Trading volumes remain at notably high levels, with buyers stepping in during every downturn and easily absorbing supply. Those of us who remember PPC with a market capitalization of just 300 million euros and now see it rising to fourth place in the market with a valuation of 11 billion euros, while simultaneously “given away” approximately 850 million through ADMIE, can understand that long-term forecasts are often overturned by market reality itself.
There is no need to engage in the process of labeling something as expensive or cheap, nor to predict how high it might go.

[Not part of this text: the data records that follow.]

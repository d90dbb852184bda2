-- ===== src/Convert/Addresses.antt =====
-- IPv6 addresses as pairs of 64-bit integers: the conversions of src/common/convert.c undo one
-- another, and what reading the high part one byte early, as `ipv6_part` callers do, gives.
use nemo_core.Prelude.{
  ℕ, zero, suc, ◌+◌, ◌^◌, ◌≤◌, ◌<◌, ◌≡◌, refl, ap, ap₂, ◌∙◌, List, [], ◌∷◌, ◌++◌, take, drop,
  length, length-take, length-drop, All, arith,
}
use nemo_core.Convert.{or_bytes, split_bytes, fipv6, tipv6, ipv6_part}
use nemo_core.Convert.Bytes.{
  le_value, le_bytes, IsByte, or_bytes_lem, split_bytes_lem, le_bytes-IsByte, le_value-le_bytes,
  le_bytes-le_value,
}

-- The 16 bytes of `struct in6_addr`.
pub record IsAddress (addr : List ℕ) : Type 0 where
  pub sixteen : length addr ≡ 16
  pub bytes : All IsByte addr

All-take : (n : ℕ) (bs : List ℕ) → All IsByte bs → All IsByte (take n bs)
All-take zero bs h = tt
All-take (suc n) [] h = tt
All-take (suc n) (b ∷ bs) h = (h.0, All-take n bs h.1)

All-drop : (n : ℕ) (bs : List ℕ) → All IsByte bs → All IsByte (drop n bs)
All-drop zero bs h = h
All-drop (suc n) [] h = tt
All-drop (suc n) (b ∷ bs) h = All-drop n bs h.1

-- Eight bytes from the start of the array, as the loop reads them.
read_eight : (ab : List ℕ) → All IsByte ab → or_bytes 8 0 ab 0 ≡ le_value (take 8 ab)
read_eight ab h = or_bytes_lem 8 0 ab 0 (omega arith) h (omega arith) ∙ omega arith

pub part_lem : (ab : List ℕ) → All IsByte ab → ipv6_part ab ≡ le_value (take 8 ab)
unfolding ipv6_part
part_lem ab h = read_eight ab h

write_eight : (x : ℕ) → split_bytes 8 0 x ≡ le_bytes 8 x
write_eight x = split_bytes_lem 8 0 x ∙ ap (le_bytes 8) (omega arith)

pub tipv6_lem : (lo hi : ℕ) → tipv6 lo hi ≡ le_bytes 8 lo ++ le_bytes 8 hi
unfolding tipv6
tipv6_lem lo hi = ap₂ ◌++◌ (write_eight lo) (write_eight hi)

pub fipv6_lem :
    (addr : List ℕ)
    → All IsByte addr
    → fipv6 addr ≡ record { lo = le_value (take 8 addr); hi = le_value (take 8 (drop 8 addr)) }
unfolding fipv6
fipv6_lem addr h =
    λ i. record { lo = read_eight addr h i; hi = read_eight (drop 8 addr) (All-drop 8 addr h) i }

All-append : (xs ys : List ℕ) → All IsByte xs → All IsByte ys → All IsByte (xs ++ ys)
All-append [] ys hx hy = hy
All-append (x ∷ xs) ys hx hy = (hx.0, All-append xs ys hx.1 hy)

take-append-take :
    (n m : ℕ) (xs : List ℕ) → length xs ≤ n + m → take n xs ++ take m (drop n xs) ≡ xs
take-append-take zero zero [] h = refl
take-append-take zero (suc m) [] h = refl
take-append-take zero zero (x ∷ xs) h = absurd (omega arith)
take-append-take zero (suc m) (x ∷ xs) h = ap (◌∷◌ x) (take-append-take zero m xs (omega arith))
take-append-take (suc n) zero [] h = refl
take-append-take (suc n) (suc m) [] h = refl
take-append-take (suc n) m (x ∷ xs) h = ap (◌∷◌ x) (take-append-take n m xs (omega arith))

-- Eight bytes read as an integer and written again are the same bytes.
pub rewrite_eight :
    (k : ℕ) (addr : List ℕ)
    → k ≤ 8
    → IsAddress addr
    → le_bytes 8 (le_value (take 8 (drop k addr))) ≡ take 8 (drop k addr)
rewrite_eight k addr room h =
    le_bytes-le_value 8 (take 8 (drop k addr))
      (omega (arith, length-take 8 (drop k addr), length-drop k addr, h.sixteen))
      (All-take 8 (drop k addr) (All-drop k addr h.bytes))

-- Two 64-bit integers written as an IPv6 address by `tipv6` are read back by `fipv6`.
pub fipv6-tipv6 :
    (lo hi : ℕ) → lo < 2 ^ 64 → hi < 2 ^ 64 → fipv6 (tipv6 lo hi) ≡ record { lo = lo; hi = hi }
fipv6-tipv6 lo hi hlo hhi =
    ap fipv6 (tipv6_lem lo hi)
    ∙ fipv6_lem (le_bytes 8 lo ++ le_bytes 8 hi)
        (All-append (le_bytes 8 lo) (le_bytes 8 hi) (le_bytes-IsByte 8 lo) (le_bytes-IsByte 8 hi))
    ∙ (λ i. record { lo = le_value-le_bytes 8 lo hlo i; hi = le_value-le_bytes 8 hi hhi i })

-- The 16 bytes of an IPv6 address read by `fipv6` are written back by `tipv6`.
pub tipv6-fipv6 : (addr : List ℕ) → IsAddress addr → tipv6 (fipv6 addr).lo (fipv6 addr).hi ≡ addr
tipv6-fipv6 addr h = rw (fipv6_lem addr h.bytes) (
    tipv6_lem _ _
    ∙ ap₂ ◌++◌ (rewrite_eight 0 addr (omega arith) h) (rewrite_eight 8 addr (omega arith) h)
    ∙ take-append-take 8 8 addr (omega (arith, h.sixteen)))

-- With the high part read from byte 7, as the callers of `ipv6_part` do, the address written back
-- holds bytes 0 to 7 and then bytes 7 to 14: byte 7 twice, and byte 15 lost.
pub tipv6-ipv6_part :
    (addr : List ℕ)
    → IsAddress addr
    → tipv6 (ipv6_part addr) (ipv6_part (drop 7 addr)) ≡ take 8 addr ++ take 8 (drop 7 addr)
tipv6-ipv6_part addr h =
    rw (part_lem addr h.bytes, part_lem (drop 7 addr) (All-drop 7 addr h.bytes))
      (tipv6_lem _ _
        ∙ ap₂ ◌++◌ (rewrite_eight 0 addr (omega arith) h) (rewrite_eight 7 addr (omega arith) h))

The daily price is what ultimately determines a stock’s valuation.
Demand in the recent rights offering was not fully met, and a significant portion of the funds released is expected to return to the market.
At the same time, we have another significant rights offering ahead of us , that of ADMIE, which is expected to raise approximately €1 billion from the market.
On the geopolitical front, it appears that progress is being made toward an agreement between the U.S. and Iran. However, we should not base our investment decisions on such news, as markets typically price in events long before they are confirmed.
Everyone should follow their own investment plan rather than the news cycle.
What we are observing in the market is that interest is gradually shifting toward small- and mid-cap stocks, in tandem with positive business developments and strong results.
So far, there are no signs of excesses, and the market is operating at a relatively calm pace, which is considered positive.
Bank credit expansion remains the key driver of business developments. It is now clear that their focus is on both mortgage and consumer loans, which could significantly boost consumption—a scenario we haven’t seen since the early 2000s.
This development could substantially support the banking sector in the coming years, while also offering greater diversification in loan portfolios.
Technically, a break above 2,322 points significantly increases the chances of testing higher levels.
The overwhelming majority of stocks remain in “long” positions, a fact clearly reflected in the relevant data.
The major medium-term target, provided key resistance levels are broken, lies at 2,650, or even 2,800 points.
“Everything indicates that in the coming period we will witness particularly interesting trading sessions, with even more capital flowing into the Greek stock market,”according to Mr. Zacharakis (Chairman and CEO of Fast Finance SA).